But if that’s how you think, boy do I have a study to show you.
It’s massive (looking at nearly one million people), conducted by some of the biggest names in positive psychology, and crystal clear in its conclusions: Being happier dramatically increases your chances of success at work. So next time you’re tempted to push pursuing happiness into the future, remind yourself the latest science says happiness brings success and not the other way around.
Case closed: Happier workers are more successful workers.
The research, which recently appeared in the Journal of Happiness Studies (yes, this really exists) and was summed up by its authors in an MIT Sloan Management Review article, starts from a simple question. What comes first, success or happiness? Does being successful make you happy or does being happy make you successful?

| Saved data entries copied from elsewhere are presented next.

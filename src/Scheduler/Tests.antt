-- ===== src/Scheduler/Tests.antt =====
-- Tests of the scheduler, and its theorems at concrete inputs.
use lovensepy.Base.{
  ℕ, zero, suc, ◌+◌, ◌-◌, ◌*◌, ◌/◌, ◌%◌, ◌^◌, ◌≤◌, ◌<◌, min, max, String, ◌≡◌, refl, sym, ap, ◌∙◌,
  ◌≢◌, ◌↔◌, ◌⊎◌, inl, inr, Bool, false, not, ◌&&◌, ◌||◌, Option, none, some, List, [], ◌∷◌, ◌++◌,
  map, arith, eq_iff, ltb, leb, nat_eq, if◌then◌else◌, ltb→lt, lt→ltb, leb→le, le→leb, nat_eq_iff,
  Bool-cases, Option-cases, is_some, length, take, drop, all, any, length-append, All, All-append,
  HasSame, ◌==◌, ==-self, ℕ_Eq, String_Eq, Pair_Eq, Codes_Eq, pair_eq_iff, codes_eq_iff, tests,
  if_split, if_true, if_false,
}
use lovensepy.Scheduler.Rest.{GoesOn, stop_feature-GoesOn}
use lovensepy.Scheduler.Timed.{add_slot-Stopped}
use lovensepy.Scheduler.Slots.{run_slot}
use lovensepy.Base.Dict.{get, put}
use lovensepy.Base.Int.{ℤ, pos, negsuc}
use lovensepy.Toys.Features.{Toy}
use lovensepy.Scheduler.Types.{Scheduler, Toys, new_scheduler}
use lovensepy.Scheduler.Slots.{run_slot, cancel_slot, slot_finish, owns}
use lovensepy.Scheduler.Snapshot.{snapshot_call, clamp_feature}
use lovensepy.Scheduler.Holds.{add_slot, stop_feature}
use lovensepy.Scheduler.Service.{stop_toy}
use lovensepy.Scheduler.Valid.{IsValid}
use lovensepy.Scheduler.Steps.{add_slot-IsValid}
use lovensepy.Scheduler.Runs.{new_scheduler-IsValid}
use lovensepy.Scheduler.Quiet.{stop_toy-levels}
use lovensepy.Scheduler.Motors.{last_level, Stopped}

abbrev nora : Toy
nora = record {
  toy_type = some "nora";
  name = some "Nora";
  full_function_names = [];
  short_function_names = [];
}

abbrev toys : Option Toys
toys = some (("t1", nora) ∷ [])

-- Two motors that have been asked to hold, before their tasks have had a turn.
abbrev state : Scheduler
state =
    add_slot 1000 "b" ("t1", "Rotate") (pos 33000) (pos 0)
      (add_slot 1000 "a" ("t1", "Vibrate") (pos 9600) (pos 0) (new_scheduler 60000))

state-IsValid : IsValid state
state-IsValid =
    add_slot-IsValid 1000 "b" ("t1", "Rotate") (pos 33000) (pos 0) _
      (add_slot-IsValid 1000 "a" ("t1", "Vibrate") (pos 9600) (pos 0) (new_scheduler 60000)
        (new_scheduler-IsValid 60000))

vibrate_rounds : clamp_feature "Vibrate" (pos 9500) ≡ pos 10000
unfolding clamp_feature lovensepy.Scheduler.Snapshot.clamp_round get lovensepy.Base.Int.round_even
vibrate_rounds = refl

rotate_clamps : clamp_feature "Rotate" (pos 33000) ≡ pos 20000
unfolding clamp_feature lovensepy.Scheduler.Snapshot.clamp_round get lovensepy.Base.Int.round_even
rotate_clamps = refl

stop_toy-levels_example : (stop_toy toys "t1" state).levels ≡ state.levels
stop_toy-levels_example = stop_toy-levels toys "t1" state state-IsValid

stop_feature-GoesOn_example :
    GoesOn "t1" "Rotate" "Vibrate" (pos 9600) (stop_feature toys ("t1", "Rotate") state)
unfolding add_slot put get new_scheduler
stop_feature-GoesOn_example =
    stop_feature-GoesOn toys "t1" "Rotate" "Vibrate" (pos 9600) state state-IsValid refl refl

-- Only the vibration is held.
abbrev alone : Scheduler
alone = add_slot 1000 "a" ("t1", "Vibrate") (pos 9600) (pos 0) (new_scheduler 60000)

add_slot-Stopped_example :
    (last_level "Vibrate"
        (run_slot toys 2 (add_slot 2000 "c" ("t1", "Vibrate") (pos 9600) (pos 5000) state))
      ≡ some (clamp_feature "Vibrate" (pos 9600)))
    × Stopped "t1" "Vibrate" (add_slot 2000 "c" ("t1", "Vibrate") (pos 9600) (pos 5000) state) (
        run_slot toys 2
          (run_slot toys 2 (add_slot 2000 "c" ("t1", "Vibrate") (pos 9600) (pos 5000) state)))
unfolding add_slot new_scheduler
add_slot-Stopped_example =
    add_slot-Stopped toys 2000 "c" "t1" "Vibrate" (pos 9600) (pos 5000) state state-IsValid refl
      refl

To find out, the team–Paul Lester, Ed Diener, and Martin Seligman (who is often dubbed “the father of positive psychology“)–set out to collect a huge amount of data. To do so they looked to the world’s largest employer: the military. The researchers worked with the U.S. Army to follow nearly one million soldiers over five years, measuring both their well-being upon entering the army and their performance over time.
The results surprised even a team who has devoted much of their careers to the proposition that happiness is worth studying and promoting.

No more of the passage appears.